We do not guarantee the accuracy of this transcript.

Erika van der Merwe (Erika): What would you say is the biggest myth about investing in emerging markets digital enablement?

Michiel van Voorst (Michiel): For me, it's that let's say the large international companies will be the winners in these markets. And I think that is disproven all the time.

Bryan Satterly (Bryan): Yeah, I agree. That's the biggest one.

Male voice: Welcome to a new episode of the Robeco podcast.

Erika: The Internet is shifting. There's a shift in how it's used and in where and by whom new digital technologies are created. Investors are taking notes. Amongst them, Michiel van Voorst and Bryan Satterly, who have developed a strategy around what they term the Next Digital Billion. Welcome to the podcast, Bryan and Michiel.

Bryan: Thank you, Erika.

Michiel: Thanks.

Erika: Bryan. What is the next digital billion?

Bryan: So that's a good question. You know, it's not a term we invented, to be honest. It's a term that's been around for several years now, cited by institutions such as Google or the World Bank, et cetera. And the next digital billion refers to essentially a group of people. If you look at the new Internet users globally, over time, from 2013 to 2017, you had about a billion new people come online for the very first time. And from 2017 through the end of this year and the next billion people are also coming online. We expect that growth to continue. The next digital billion directly refers to this group of one billion new Internet users that have recently come to using the Internet. But it's more than that. You know, philosophically, it's a metaphor for the future of the Internet. And that in the very near future, the global majority of all these users will be from emerging markets because that's where the next digital billion are coming from. So it's a constantly shifting cohort of people and the story of how they are using technology in their lives.

Erika: So you say it's a shifting cohort. It's different. It's emerging markets. But is this, in fact, sufficiently different to merit a new investment approach?

Bryan: We think so, for several reasons. One, you know, when it comes to solutions that are catering to these new Internet populations, it's offering an opportunity to invest in new pockets of economic value that didn't exist before in these markets. So you're just adding to the answer to the previous question. You know, a large portion of these next billion users are coming from emerging markets. And it's not just your typical China, India, Brazil. It also goes beyond that to places like Indonesia. You know, with over 200 million people, Bangladesh, Egypt, Vietnam, Mexico, et cetera. And in these economies where there has been a pre-existing lack of commercial infrastructure, the rise in Internet users is creating sort of rapid innovation and new solutions to come online. And we think this opportunity is just too big to miss.

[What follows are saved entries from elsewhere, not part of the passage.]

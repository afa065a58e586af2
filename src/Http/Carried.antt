-- ===== src/Http/Carried.antt =====
-- packages/http-provider/src/HttpProviderFactory.ts: the configuration that the error of a call carries, which its replay sends
-- again.
use iot_miniservers.Prelude.{
  ℕ, ◌+◌, ◌≤◌, ◌≡◌, ◌⊎◌, inl, inr, refl, sym, ap, ◌∙◌, Option, none, some, Text, or_else, arith,
  Bool-cases,
}
use iot_miniservers.Prelude.Result.{Result, ok, err}
use iot_miniservers.Resilience.Policy.{Failure}
use iot_miniservers.Http.Adapter.{PolicyRequestConfig, wrap_adapter, IsFrugal}
use iot_miniservers.Http.Requests.{RequestConfig, HttpError, replayed, unmarked, is_unauthorized}
use iot_miniservers.Http.Retries.{IsPlain}
use iot_miniservers.Http.Calls.{Instance, Config, described, dispatch, wire_of}

-- What is relied on, for a count `calls` of the calls of the adapter: one call counts once, getting and dropping
-- credentials counts none, an error carries no configuration or one with the mark and the memoised adapter of the one that
-- was sent (the policy puts its signal on it), and no error of
-- getting credentials has a request sent again.
pub record IsMeasured {W Q E C A : Type 0} (calls : W → ℕ) (i : Instance W Q E C A) : Type 0 where
  pub frugal : IsFrugal calls i.env i.attempt_policy
  pub single : (q : Q) (w : W) → calls (i.default_adapter q w).1 ≤ calls w + 1
  pub asks : (w : W) → calls (i.credentials_of w).1 ≡ calls w
  pub forgets : (w : W) → calls (i.invalidate w) ≡ calls w
  pub own :
      (f : Failure E) (config : Config i)
      → ((i.describe f config).config ≡ none)
        ⊎ ((other : Config i) × ((i.describe f config).config ≡ some other)
            × (other.retried ≡ config.retried)
            × (other.request.base ≡ config.request.base))
  pub unrefused :
      (w : W) (e : HttpError (PolicyRequestConfig W Q E A))
      → (i.credentials_of w).0 ≡ err e
      → replayed e ≡ none

module _ {W Q E C A : Type 0} (i : Instance W Q E C A) where
  -- A configuration that has no adapter of its own, or one that was wrapped before.
  abbrev pub IsPlainConfig : PolicyRequestConfig W Q E A → Type 0
  IsPlainConfig config =
      ((config.base ≡ none) × (config.adapter ≡ none)) ⊎ (config.base ≡ some i.default_adapter)

  pub base_lem :
      (config : PolicyRequestConfig W Q E A)
      → IsPlainConfig config
      → or_else config.base (or_else config.adapter i.default_adapter) ≡ i.default_adapter
  base_lem config (inl (unwrapped, unset)) = rw (unwrapped, unset) refl
  base_lem config (inr wrapped) = rw wrapped refl

  pub described-world :
      (config : Config i) (r : Result (Failure E) A × W) → (described i config r).1 ≡ r.1
  described-world config (ok a, w) = refl
  described-world config (err f, w) = refl

  -- The configuration that an error carries, if any: it has the same mark, and can be wrapped again.
  abbrev pub Carried : Config i → HttpError (PolicyRequestConfig W Q E A) → Type 0
  Carried config e =
      (e.config ≡ none)
      ⊎ ((other : Config i) × (e.config ≡ some other)
          × (other.retried ≡ config.retried)
          × IsPlainConfig other.request)

abbrev config_of : {R A : Type 0} → Result (HttpError R) A → Option (RequestConfig R)
config_of (ok a) = none
config_of (err e) = e.config

unmarked-config :
    {R : Type 0} (o : Option (RequestConfig R)) (c : RequestConfig R)
    → unmarked o ≡ some c
    → o ≡ some c
unmarked-config none c h = h
unmarked-config (some other) c h = ground (arith, h)

replayed-config :
    {R : Type 0} (e : HttpError R) (c : RequestConfig R) → replayed e ≡ some c → e.config ≡ some c
unfolding replayed
replayed-config e c h = elim (Bool-cases (is_unauthorized e.status)) [
  | inl refused ↦ unmarked-config e.config c (rw refused at h)
  | inr other ↦ absurd (ground (arith, other, h))
]

module _ {W Q E C A : Type 0} (calls : W → ℕ) (i : Instance W Q E C A)
    (measured : IsMeasured calls i) where
  described-Carried :
      (config sent : Config i) (r : Result (Failure E) A × W)
      (e : HttpError (PolicyRequestConfig W Q E A))
      → sent.retried ≡ config.retried
      → sent.request.base ≡ some i.default_adapter
      → (described i sent r).0 ≡ err e
      → Carried i config e
  described-Carried config sent (ok a, w) e mark plain h = absurd (ground (arith, h))
  described-Carried config sent (err f, w) e mark plain h =
      let same : i.describe f sent ≡ e = ground (arith, h) in
      elim (measured.own f sent) [
        | inl nothing ↦ inl (ap (λ x. x.config) (sym same) ∙ nothing)
        | inr (other, it, unchanged, base) ↦
            inr (other, ap (λ x. x.config) (sym same) ∙ it, unchanged ∙ mark, inr (base ∙ plain))
      ]

  pub dispatch-Carried :
      (config : Config i) (r : Result Text Q) (w : W) (e : HttpError (PolicyRequestConfig W Q E A))
      → IsPlainConfig i config.request
      → (dispatch i config r w).0 ≡ err e
      → Carried i config e
  unfolding wrap_adapter
  dispatch-Carried config (err m) w e plain h = inl (ap (λ x. config_of x) (sym h))
  dispatch-Carried config (ok q) w e plain h =
      described-Carried config _ _ e refl (ap some (base_lem i config.request plain)) h

  pub replayed-IsPlain :
      (config c : Config i) (e : HttpError (PolicyRequestConfig W Q E A))
      → Carried i config e
      → replayed e ≡ some c
      → IsPlainConfig i c.request
  replayed-IsPlain config c e (inl nothing) h =
      absurd (ground (arith, nothing, replayed-config e c h))
  replayed-IsPlain config c e (inr (other, same, mark, plain)) h =
      let it : other ≡ c = ground (arith, same, replayed-config e c h) in rw (← it) plain

  dispatch-own :
      (config : Config i) (r : Result Text Q) (w : W) (e : HttpError (PolicyRequestConfig W Q E A))
      → (dispatch i config r w).0 ≡ err e
      → (e.config ≡ none)
        ⊎ ((other : Config i) × (e.config ≡ some other) × (other.retried ≡ config.retried))
  dispatch-own config (err m) w e h = inl (ap (λ x. config_of x) (sym h))
  dispatch-own config (ok q) w e h = marked_own _ _ h
    where
      marked_own :
          (sent : Config i) (r : Result (Failure E) A × W)
          → (described i sent r).0 ≡ err e
          → (e.config ≡ none)
            ⊎ ((other : Config i) × (e.config ≡ some other) × (other.retried ≡ sent.retried))
      marked_own sent (ok a, v) k = absurd (ground (arith, k))
      marked_own sent (err f, v) k =
          let same : i.describe f sent ≡ e = ground (arith, k) in
          elim (measured.own f sent) [
            | inl nothing ↦ inl (ap (λ x. x.config) (sym same) ∙ nothing)
            | inr (other, it, unchanged, base) ↦
                inr (other, ap (λ x. x.config) (sym same) ∙ it, unchanged)
          ]

  pub wire_of-IsPlain : IsPlain (wire_of i)
  unfolding wire_of
  wire_of-IsPlain = record {
    own = λ config c w e h. dispatch-own config (i.authorize c config.request.request) w e h;
    unrefused = measured.unrefused;
  }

Erika: Do you see any blind spots around this opportunity, around this wave of innovation in emerging markets? So, for example, here's Payal Arora on that very topic. She's the author of a book entitled The Next Billion Users. She was speaking to the Bots App community. Payal Arora: Do not underestimate these markets. There is lot of condescension still, you know, in the last year alone. I say things which to me are extraordinarily obvious that, “hey, they are consumers”, right? I have to say this again and again. I think the idea is Silicon Valley innovates and disseminates to the rest still continues. And, you know, people are like, yeah, but China's not innovative. Right. Carly Fiorina just said that recently also. And I think just a year ago and this gets repeated, they don't really innovative because they're not coming up with new products. But actually, you shouldn't underestimate innovative processes because that's just as important as products, because we have a product which if I can't deliver the whole infrastructure of delivery, which is very cultural, very contextual, where, you know, you have to know the realities, most people don't have credit cards. The reasons why people fail is not because your product necessarily was bad.

Erika: So perhaps you could react to that Michiel. What's Payal’s really emphasizing is understanding local conditions, having the cultural mindset, but also getting over our biases about what emerging markets can offer.

Michiel: It's so true. And actually, I would like to highlight that with some of my own experience. I moved with my family to Hong Kong in late 2007. And when I arrived in Hong Kong and I remember opening a bank account and they asked me, do you want a cheque book? And I was like, no, not really. But two weeks later, I was back because really, that's the way things go. Across the border, 40 kms away China, at that point in time, it was still very much a cash-driven country and economy. And that's the way things go. You needed to bring your own bills. Very cumbersome. Fast forward 10, 15 years later in Hong Kong. We were still using the chequebooks, maybe slightly less than before, but still very much, you know, a traditional financial system. And then you go to China, everything leapfrogged basically from cash based in one go to mobile wallets, more mobile money. So it's a great example of a country that moves very quickly and rapidly and becomes actually leading on many fronts. So I very much relate to the statements just made. And this is China. Maybe people start to become more aware of what is happening there. But the same thing we see replicated in so many other countries. And that's what we refer to as the rise of the rest. And that is clearly what we also are trying to target here.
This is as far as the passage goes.